Open seasons on Flanagan South, Southern Access Extension pipelines continue MLO Phase 2 rollout, reinforce North America’s ‘critical’ role
From the streets of Venezuela to the Strait of Hormuz, geopolitical conflicts have mightily shaken the global energy market in 2026.
All of which makes one thing clear.
“North America’s role in the global energy system has become increasingly critical,” said Enbridge President and CEO Greg Ebel said May 8, as Enbridge released our 2026 Q1 financial results.
“The past several months have presented some of the most volatile and complex conditions the global energy sector has faced in decades,” added Mr. Ebel. “Recent geopolitical developments, including the conflict involving Iran, have reinforced the importance of energy security, positioning both Canada and the United States to increasingly supply reliable energy to global markets.”
Enbridge transports about 30% of the oil produced in North America. The first quarter of 2026 saw record volumes on our Mainline liquids pipeline network—an average of 3.2 million barrels per day (bpd).

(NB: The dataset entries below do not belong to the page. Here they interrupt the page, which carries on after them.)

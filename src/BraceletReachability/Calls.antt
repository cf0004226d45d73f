-- ===== src/BraceletReachability/Calls.antt =====
-- src/BraceletReachability/BraceletReachability.cpp: `EdgeVisitor::visitCallBase`.
pub mod Next
pub mod Supply
use bracelet.Prelude.{
  ℕ, suc, ◌+◌, ◌%◌, ◌^◌, Bool, true, false, not, ◌&&◌, ◌||◌, Option, none, some, List, [], ◌∷◌,
  ◌++◌, Result, ok, err, assertion, undefined, ◌>>=◌, ◌>>◌, assert, ltb, if◌then◌else◌, length,
  for_each, get_elem?,
}
use bracelet.Edges.Bytes.{Text, equal}
use bracelet.Edges.Node.{Node, is_set, local_idx}
use bracelet.Edges.Kind.{shape, load, store, call, argument_supply, dlsym_page_pointer}
use bracelet.Edges.Symbols.{GlobalObject, object, alias}
use bracelet.BraceletReachability.Values.{
  Constant, global_value, Local, Value, constant, local_value, CalledFunction, function,
  not_intrinsic, vastart, vacopy, vaend, memmove, memcpy, other_intrinsic, FunctionType, CallBase,
}
use bracelet.BraceletReachability.Constants.{fresh, name_with_location}
use bracelet.BraceletReachability.Names.{
  vastart_tmp, va_copy_tmp, memcpy_tmp, dlsym_name, void_call_name, callsite_label,
  alloc_function_names, contains,
}
use bracelet.BraceletReachability.Visitor.{
  Setting, EdgeVisitor, Visited, is_full, is_off, tag_allocation, page_insert, in_writers,
  push_edge, insert_call, trace_site, node, trace_value,
}

-- The calls that the visitor itself inserts are not visited.
abbrev pub is_runtime : Option CalledFunction → Bool
is_runtime none = false
is_runtime (some (function name)) = false
is_runtime (some _) = true

abbrev pub is_dlsym : Option CalledFunction → Bool
is_dlsym (some (function name)) = equal name dlsym_name
is_dlsym _ = false

-- `getArgOperand(i)`
abbrev pub arg_operand : ℕ → CallBase → Result Value
arg_operand i c = elim (get_elem? c.arg_operands i) [ none ↦ err undefined | some x ↦ ok x ]

-- `getAliaseeObject` is no alias, so that the loop over aliases runs once at most.
unfoldable pub without_alias : Value → Value
without_alias (constant (global_value (alias aliasee))) = constant (global_value (object aliasee))
without_alias callee = callee

abbrev pub is_var_arg_call : CallBase → Bool
is_var_arg_call c = c.function_type.is_var_arg && ltb 0 (length c.arg_operands)

-- The index of the `ArgumentSupply` edge of the argument at `idx`.
unfoldable pub edge_idx : Bool → ℕ → ℕ → Result ℕ
edge_idx is_var_arg num_params idx =
    if is_var_arg
    then ok (if ltb num_params idx then num_params else idx)
    else assert (ltb idx num_params) >> ok idx

-- The number of arguments of the `Call` edge.
abbrev pub call_nargs : Bool → ℕ → ℕ
call_nargs is_var_arg num_params = if is_var_arg then num_params + 1 else num_params

-- The page pointer of a call of `dlsym`, a new global variable.
abbrev pub page_pointer : ℕ → Value
page_pointer address = constant (
    global_value (
      object (record {
        address = address;
        comdat = none;
        internal_linkage = true;
        private_linkage = false;
      })))

module _ (s : Setting) where
  -- `Load(Tmp, node(Src))` and `Store(node(Dst), Tmp)` with a fresh `Tmp`.
  unfoldable pub copy_between : Text → Value → Value → EdgeVisitor → Result EdgeVisitor
  unfolding shape
  copy_between name src dst v = do
    (tmp, v₁) ← in_writers (fresh name) v
    (src_n, v₂) ← node s src v₁
    v₃ ← push_edge load tmp src_n tt v₂
    (dst_n, v₄) ← node s dst v₃
    push_edge store dst_n tmp tt v₄

  unfoldable pub visit_vastart : CallBase → EdgeVisitor → Result EdgeVisitor
  unfolding shape
  visit_vastart c v = do
    assert (is_set v.var_args)
    (tmp, v₁) ← in_writers (fresh vastart_tmp) v
    v₂ ← push_edge load tmp v.var_args tt v₁
    dst ← arg_operand 0 c
    (dst_n, v₃) ← node s dst v₂
    push_edge store dst_n tmp tt v₃

  unfoldable pub visit_copy : Text → CallBase → EdgeVisitor → Result EdgeVisitor
  unfolding copy_between
  visit_copy name c v = do src ← arg_operand 1 c; dst ← arg_operand 0 c; copy_between name src dst v

  -- The local of a call: a fresh one for a call that returns nothing.
  unfoldable pub call_node : Local → CallBase → EdgeVisitor → Visited
  call_node self c v =
      if c.function_type.returns_void
      then in_writers
          (fresh
            (name_with_location s.no_include_debug_data self (void_call_name v.call_void_number)))
          (record v { call_void_number = (v.call_void_number + 1) % 2 ^ 32 })
      else node s (local_value self) v

  unfoldable pub annotate : Local → CallBase → Node → EdgeVisitor → Result EdgeVisitor
  annotate self c i_node v = do
    l ← local_idx i_node
    elim l [
      | none ↦ err undefined
      | some idx ↦ ok (
          if c.has_label_scope
          then record v { labels = v.labels ++ (self.address, callsite_label idx) ∷ [] }
          else v)
    ]

  unfoldable pub visit_dlsym_call : Local → Node → EdgeVisitor → Result EdgeVisitor
  unfolding shape
  visit_dlsym_call self i_node v = do
    let page = s.page_address self.address
    (page_n, v₁) ← node s (page_pointer page) (insert_call (page_insert self.address page) v)
    push_edge dlsym_page_pointer i_node page_n tt v₁

  unfoldable pub supply_argument :
      FunctionType → Bool → Node → ℕ → Value → EdgeVisitor → Result EdgeVisitor
  unfolding shape
  supply_argument ty is_var_arg i_node idx arg v = do
    label ← edge_idx is_var_arg ty.num_params idx
    (arg_n, v₁) ← node s arg v
    if is_set arg_n then push_edge argument_supply i_node arg_n label v₁ else ok v₁

  -- The loop over the arguments from `idx` on.
  unfoldable pub supply_arguments :
      FunctionType → Bool → Node → ℕ → List Value → EdgeVisitor → Result EdgeVisitor
  supply_arguments ty is_var_arg i_node idx [] v = ok v
  supply_arguments ty is_var_arg i_node idx (arg ∷ args) v = do
    v₁ ← supply_argument ty is_var_arg i_node idx arg v
    supply_arguments ty is_var_arg i_node (suc idx) args v₁

  -- The tracing of a call when everything is traced: an allocation is tagged, and of any other call
  -- the arguments are traced.
  unfoldable pub trace_call_fully : Local → CallBase → EdgeVisitor → Result EdgeVisitor
  trace_call_fully self c v =
      if contains c.callee_name alloc_function_names
      then (do
        (n, v₁) ← node s (local_value self) v
        (site, v₂) ← trace_site n v₁
        ok (insert_call (tag_allocation site self.address) v₂))
      else for_each (trace_value s) c.arg_operands v

  unfoldable pub trace_call : Local → CallBase → Value → EdgeVisitor → Result EdgeVisitor
  trace_call self c callee v = if is_off s.trace_mode then ok v else (do
    v₁ ← (if c.is_indirect_call || is_full s.trace_mode then trace_value s callee v else ok v)
    if is_full s.trace_mode then trace_call_fully self c v₁ else ok v₁)

  -- The arguments, the callee and the tracing of a call other than of `dlsym`.
  unfoldable pub visit_plain_call : Local → CallBase → Node → EdgeVisitor → Result EdgeVisitor
  unfolding shape
  visit_plain_call self c i_node v = do
    let callee = without_alias c.called_operand
    let is_var_arg = is_var_arg_call c
    v₁ ← supply_arguments c.function_type is_var_arg i_node 0 c.arg_operands v
    (callee_n, v₂) ← node s callee v₁
    v₃ ← push_edge call i_node callee_n (call_nargs is_var_arg c.function_type.num_params) v₂
    trace_call self c callee v₃

  unfoldable pub visit_call : Local → CallBase → EdgeVisitor → Result EdgeVisitor
  visit_call self c v = do
    (i_node, v₁) ← call_node self c v
    v₂ ← annotate self c i_node v₁
    if is_dlsym c.called_function
        then visit_dlsym_call self i_node v₂
        else visit_plain_call self c i_node v₂

  unfoldable pub visit_by_intrinsic : Local → CallBase → EdgeVisitor → Result EdgeVisitor
  visit_by_intrinsic self c v = elim c.intrinsic_id [
    | not_intrinsic ↦ visit_call self c v
    | vastart ↦ visit_vastart c v
    | vacopy ↦ visit_copy va_copy_tmp c v
    | vaend ↦ ok v
    | memmove ↦ visit_copy memcpy_tmp c v
    | memcpy ↦ visit_copy memcpy_tmp c v
    | other_intrinsic ↦ ok v
  ]

  -- `visitCallBase`
  unfoldable pub visit_call_base : Local → CallBase → EdgeVisitor → Result EdgeVisitor
  visit_call_base self c v =
      if c.is_inline_asm
      then ok v
      else if not (is_off s.trace_mode) && is_runtime c.called_function
      then ok v
      else visit_by_intrinsic self c v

And on May 8, as part of our Q1 results, we discussed further advancements in our Mainline Optimization (MLO) program—initiatives that could move up to 430,000 bpd of growing Canadian production to American refineries.
"The past several months have presented some of the most volatile and complex conditions the global energy sector has faced in decades. Recent geopolitical developments, including the conflict involving Iran, have reinforced the importance of energy security, positioning both Canada and the United States to increasingly supply reliable energy to global markets."
Greg Ebel
Enbridge President and Chief Executive Officer
MLO Phase 2 aims to move additional 250,000 barrels a day of WCSB production to Gulf Coast
Those advancements include two binding open seasons as part of MLO Phase 2, which could move an additional 250,000 bpd of Western Canada Sedimentary Basin (WCSB) production to the U.S. Gulf Coast:
- An open season for 200,000 bpd on our Flanagan South Pipeline, also using the Seaway Crude Pipeline for delivery to the Seaway Jones Creek Terminal in Brazoria County, TX
- An open season for 50,000 bpd on the Southern Access Extension (SAX) Pipeline, also using the Energy Transfer Crude Oil Pipeline (ETCOP) for delivery to Nederland, TX.
Enbridge has a partial ownership interest in Seaway, SAX and ETCOP.
“Commodity price fluctuations, rapidly shifting geopolitical dynamics, and unprecedented supply disruptions have significantly impacted the energy landscape. Throughout this period, Enbridge—alongside the North American energy industry—has continued to deliver critical energy to homes and businesses around the world,” said Mr. Ebel.
“Looking ahead, we remain committed to working collaboratively with policymakers and regulators to advance essential energy infrastructure across North America under our all-of-the-above approach to energy investment. This is a pivotal moment for our industry, and Enbridge is exceptionally well positioned.”
Enbridge’s secured growth projects backlog is now at about C$40 billion, financing for which is expected to come from an anticipated C$10 to $11 billion in annual growth capital investment capacity.
“We believe Enbridge can play a major role in the global energy markets with a broad and growing set of opportunities driven by increasing domestic power demand, new LNG infrastructure, and rising crude oil production across our footprint,” said Mr. Ebel.
Why do these advancements on Enbridge’s Mainline Optimization liquids pipelines initiative matter?
- Enbridge advanced its Mainline Optimization program to increase capacity for transporting Canadian crude to U.S. markets amid evolving global energy conditions
- Two open seasons were launched to move up to 250,000 barrels per day of additional Western Canadian crude to the U.S. Gulf Coast.
- Proposed volumes include 200,000 barrels per day via Flanagan South and 50,000 barrels per day via the Southern Access Extension pipeline.
- Mainline volumes averaged about 3.2 million barrels per day in Q1 2026, indicating high utilization of existing pipeline infrastructure.
(TOP PHOTO: The DeKalb pump station along the Southern Access Extension (SAX) Pipeline, a 24-inch-diameter crude oil line that originates at Enbridge’s Flanagan Terminal near Pontiac, IL, and terminates at an existing crude oil terminal near Patoka, IL. Enbridge operates and has a 65% ownership interest in the project.)